(Collected data entries)
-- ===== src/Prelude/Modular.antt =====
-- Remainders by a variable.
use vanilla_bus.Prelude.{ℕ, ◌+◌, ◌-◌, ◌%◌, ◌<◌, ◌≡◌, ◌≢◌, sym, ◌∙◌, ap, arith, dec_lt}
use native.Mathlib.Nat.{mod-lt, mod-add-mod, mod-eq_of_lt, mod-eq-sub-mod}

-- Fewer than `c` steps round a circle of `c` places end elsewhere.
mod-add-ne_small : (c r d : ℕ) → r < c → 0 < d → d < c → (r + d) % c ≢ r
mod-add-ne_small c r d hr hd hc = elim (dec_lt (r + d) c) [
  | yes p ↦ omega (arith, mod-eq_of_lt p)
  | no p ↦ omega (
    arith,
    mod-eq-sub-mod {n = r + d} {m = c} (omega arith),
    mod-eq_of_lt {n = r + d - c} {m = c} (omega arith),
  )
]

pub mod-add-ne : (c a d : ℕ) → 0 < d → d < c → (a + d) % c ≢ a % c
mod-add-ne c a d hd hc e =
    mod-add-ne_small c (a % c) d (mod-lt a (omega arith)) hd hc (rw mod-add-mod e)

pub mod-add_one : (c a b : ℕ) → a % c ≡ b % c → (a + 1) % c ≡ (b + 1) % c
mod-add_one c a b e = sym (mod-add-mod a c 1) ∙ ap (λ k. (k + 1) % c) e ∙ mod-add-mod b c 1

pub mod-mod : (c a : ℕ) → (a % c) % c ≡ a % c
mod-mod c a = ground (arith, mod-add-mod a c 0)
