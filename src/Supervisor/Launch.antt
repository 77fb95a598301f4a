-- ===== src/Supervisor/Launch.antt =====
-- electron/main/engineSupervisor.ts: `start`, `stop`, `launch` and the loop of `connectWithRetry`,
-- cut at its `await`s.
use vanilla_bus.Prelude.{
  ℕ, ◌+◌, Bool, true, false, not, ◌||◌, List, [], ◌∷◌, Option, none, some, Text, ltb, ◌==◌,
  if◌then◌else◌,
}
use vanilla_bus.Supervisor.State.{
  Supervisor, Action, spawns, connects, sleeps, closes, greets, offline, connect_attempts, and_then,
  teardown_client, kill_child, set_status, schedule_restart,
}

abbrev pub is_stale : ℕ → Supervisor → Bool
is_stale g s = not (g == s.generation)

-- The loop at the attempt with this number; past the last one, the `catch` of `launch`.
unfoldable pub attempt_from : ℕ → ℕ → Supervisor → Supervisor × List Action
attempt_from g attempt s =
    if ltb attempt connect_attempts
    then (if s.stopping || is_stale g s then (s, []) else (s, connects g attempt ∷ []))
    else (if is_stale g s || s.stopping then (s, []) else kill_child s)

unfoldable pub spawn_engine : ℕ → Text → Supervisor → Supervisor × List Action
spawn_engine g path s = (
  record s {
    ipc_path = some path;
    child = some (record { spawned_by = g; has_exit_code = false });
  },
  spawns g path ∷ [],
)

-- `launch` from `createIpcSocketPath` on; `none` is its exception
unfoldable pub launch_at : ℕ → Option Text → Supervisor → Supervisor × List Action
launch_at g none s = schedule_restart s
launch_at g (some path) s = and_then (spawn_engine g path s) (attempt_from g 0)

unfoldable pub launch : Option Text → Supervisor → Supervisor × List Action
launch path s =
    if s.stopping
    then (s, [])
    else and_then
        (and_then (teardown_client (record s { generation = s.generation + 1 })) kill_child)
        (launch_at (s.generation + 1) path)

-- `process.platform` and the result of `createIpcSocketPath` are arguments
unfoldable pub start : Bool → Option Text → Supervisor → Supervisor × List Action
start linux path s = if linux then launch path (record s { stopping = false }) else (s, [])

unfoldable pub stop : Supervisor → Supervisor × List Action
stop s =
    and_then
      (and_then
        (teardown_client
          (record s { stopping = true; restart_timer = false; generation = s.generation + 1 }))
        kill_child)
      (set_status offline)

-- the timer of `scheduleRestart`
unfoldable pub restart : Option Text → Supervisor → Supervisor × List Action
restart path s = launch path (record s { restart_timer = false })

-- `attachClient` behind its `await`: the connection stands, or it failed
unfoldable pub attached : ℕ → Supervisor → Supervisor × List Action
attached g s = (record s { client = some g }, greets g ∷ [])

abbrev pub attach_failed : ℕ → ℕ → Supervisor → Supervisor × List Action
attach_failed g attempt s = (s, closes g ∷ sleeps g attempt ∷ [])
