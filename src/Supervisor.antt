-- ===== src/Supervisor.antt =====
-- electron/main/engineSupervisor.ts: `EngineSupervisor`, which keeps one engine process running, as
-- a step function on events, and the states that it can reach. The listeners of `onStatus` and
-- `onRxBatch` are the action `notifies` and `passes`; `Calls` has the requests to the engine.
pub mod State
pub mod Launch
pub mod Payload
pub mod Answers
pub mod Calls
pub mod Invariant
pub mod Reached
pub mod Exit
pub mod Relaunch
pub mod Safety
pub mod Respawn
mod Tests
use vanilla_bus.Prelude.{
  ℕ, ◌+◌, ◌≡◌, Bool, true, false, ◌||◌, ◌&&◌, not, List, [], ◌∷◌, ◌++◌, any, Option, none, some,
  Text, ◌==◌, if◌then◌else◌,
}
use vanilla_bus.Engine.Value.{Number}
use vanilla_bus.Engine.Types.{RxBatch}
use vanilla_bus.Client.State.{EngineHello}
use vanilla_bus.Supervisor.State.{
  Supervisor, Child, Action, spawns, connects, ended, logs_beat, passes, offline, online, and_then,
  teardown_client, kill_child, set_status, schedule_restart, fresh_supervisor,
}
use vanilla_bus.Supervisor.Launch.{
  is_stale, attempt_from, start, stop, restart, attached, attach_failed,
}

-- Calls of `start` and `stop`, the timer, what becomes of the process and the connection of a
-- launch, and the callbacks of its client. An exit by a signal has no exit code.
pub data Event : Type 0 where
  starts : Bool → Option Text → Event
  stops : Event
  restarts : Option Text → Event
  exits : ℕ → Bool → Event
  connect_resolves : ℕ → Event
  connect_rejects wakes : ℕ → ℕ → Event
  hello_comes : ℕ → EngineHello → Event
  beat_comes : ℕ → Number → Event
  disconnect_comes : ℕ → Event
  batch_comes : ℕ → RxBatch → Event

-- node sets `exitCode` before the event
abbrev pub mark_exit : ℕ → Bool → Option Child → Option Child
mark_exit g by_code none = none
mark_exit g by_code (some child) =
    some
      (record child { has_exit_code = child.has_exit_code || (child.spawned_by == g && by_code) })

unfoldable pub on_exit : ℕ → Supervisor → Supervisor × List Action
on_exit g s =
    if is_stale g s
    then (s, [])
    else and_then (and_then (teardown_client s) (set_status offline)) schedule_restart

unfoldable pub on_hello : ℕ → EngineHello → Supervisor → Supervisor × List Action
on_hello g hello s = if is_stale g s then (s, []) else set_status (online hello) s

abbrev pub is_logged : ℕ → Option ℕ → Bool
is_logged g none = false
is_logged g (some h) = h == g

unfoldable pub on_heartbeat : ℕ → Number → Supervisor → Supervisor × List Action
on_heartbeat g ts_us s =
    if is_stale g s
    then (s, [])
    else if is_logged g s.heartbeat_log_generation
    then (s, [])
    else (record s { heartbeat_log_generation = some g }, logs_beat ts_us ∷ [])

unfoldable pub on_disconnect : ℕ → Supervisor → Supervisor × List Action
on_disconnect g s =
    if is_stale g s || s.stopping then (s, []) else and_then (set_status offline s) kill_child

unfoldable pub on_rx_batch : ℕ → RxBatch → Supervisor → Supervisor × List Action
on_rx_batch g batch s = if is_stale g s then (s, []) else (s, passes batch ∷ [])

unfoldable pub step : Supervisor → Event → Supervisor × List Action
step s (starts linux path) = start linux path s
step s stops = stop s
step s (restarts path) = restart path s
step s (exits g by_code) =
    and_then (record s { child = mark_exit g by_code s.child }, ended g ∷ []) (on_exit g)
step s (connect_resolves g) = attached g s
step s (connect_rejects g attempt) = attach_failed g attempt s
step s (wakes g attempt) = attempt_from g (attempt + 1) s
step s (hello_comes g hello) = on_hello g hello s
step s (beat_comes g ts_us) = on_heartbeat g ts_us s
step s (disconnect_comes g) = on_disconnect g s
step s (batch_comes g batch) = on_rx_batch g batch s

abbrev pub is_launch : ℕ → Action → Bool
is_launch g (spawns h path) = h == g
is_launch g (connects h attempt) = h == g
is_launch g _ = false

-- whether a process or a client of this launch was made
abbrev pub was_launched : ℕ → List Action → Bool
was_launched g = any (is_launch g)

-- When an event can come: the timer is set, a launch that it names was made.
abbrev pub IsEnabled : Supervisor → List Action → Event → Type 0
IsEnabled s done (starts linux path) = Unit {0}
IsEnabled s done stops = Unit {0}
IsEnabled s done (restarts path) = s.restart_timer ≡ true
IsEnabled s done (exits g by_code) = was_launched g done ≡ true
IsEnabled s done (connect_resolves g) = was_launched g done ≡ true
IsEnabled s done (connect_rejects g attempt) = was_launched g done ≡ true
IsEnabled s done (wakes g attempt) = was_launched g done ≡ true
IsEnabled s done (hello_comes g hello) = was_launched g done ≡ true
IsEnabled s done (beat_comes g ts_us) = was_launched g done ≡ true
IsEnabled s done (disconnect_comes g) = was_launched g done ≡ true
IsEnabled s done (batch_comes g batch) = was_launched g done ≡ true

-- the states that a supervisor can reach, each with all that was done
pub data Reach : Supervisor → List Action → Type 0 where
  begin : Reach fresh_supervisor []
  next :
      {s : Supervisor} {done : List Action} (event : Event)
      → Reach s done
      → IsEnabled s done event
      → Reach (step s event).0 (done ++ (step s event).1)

__TASK DESCRIPTION__:
Could you write out, exactly as they stand, only the lines above that begin at the line with "launch_at g (some" and stop after the line with "-- a step function"?

__REPLY TO THE EXERCISE__:
launch_at g (some path) s = and_then (spawn_engine g path s) (attempt_from g 0)

unfoldable pub launch : Option Text → Supervisor → Supervisor × List Action
launch path s =
    if s.stopping
    then (s, [])
    else and_then
        (and_then (teardown_client (record s { generation = s.generation + 1 })) kill_child)
        (launch_at (s.generation + 1) path)

-- `process.platform` and the result of `createIpcSocketPath` are arguments
unfoldable pub start : Bool → Option Text → Supervisor → Supervisor × List Action
start linux path s = if linux then launch path (record s { stopping = false }) else (s, [])

unfoldable pub stop : Supervisor → Supervisor × List Action
stop s =
    and_then
      (and_then
        (teardown_client
          (record s { stopping = true; restart_timer = false; generation = s.generation + 1 }))
        kill_child)
      (set_status offline)

-- the timer of `scheduleRestart`
unfoldable pub restart : Option Text → Supervisor → Supervisor × List Action
restart path s = launch path (record s { restart_timer = false })

-- `attachClient` behind its `await`: the connection stands, or it failed
unfoldable pub attached : ℕ → Supervisor → Supervisor × List Action
attached g s = (record s { client = some g }, greets g ∷ [])

abbrev pub attach_failed : ℕ → ℕ → Supervisor → Supervisor × List Action
attach_failed g attempt s = (s, closes g ∷ sleeps g attempt ∷ [])
filename src/Supervisor.antt
-- ===== src/Supervisor.antt =====
-- electron/main/engineSupervisor.ts: `EngineSupervisor`, which keeps one engine process running, as
-- a step function on events, and the states that it can reach. The listeners of `onStatus` and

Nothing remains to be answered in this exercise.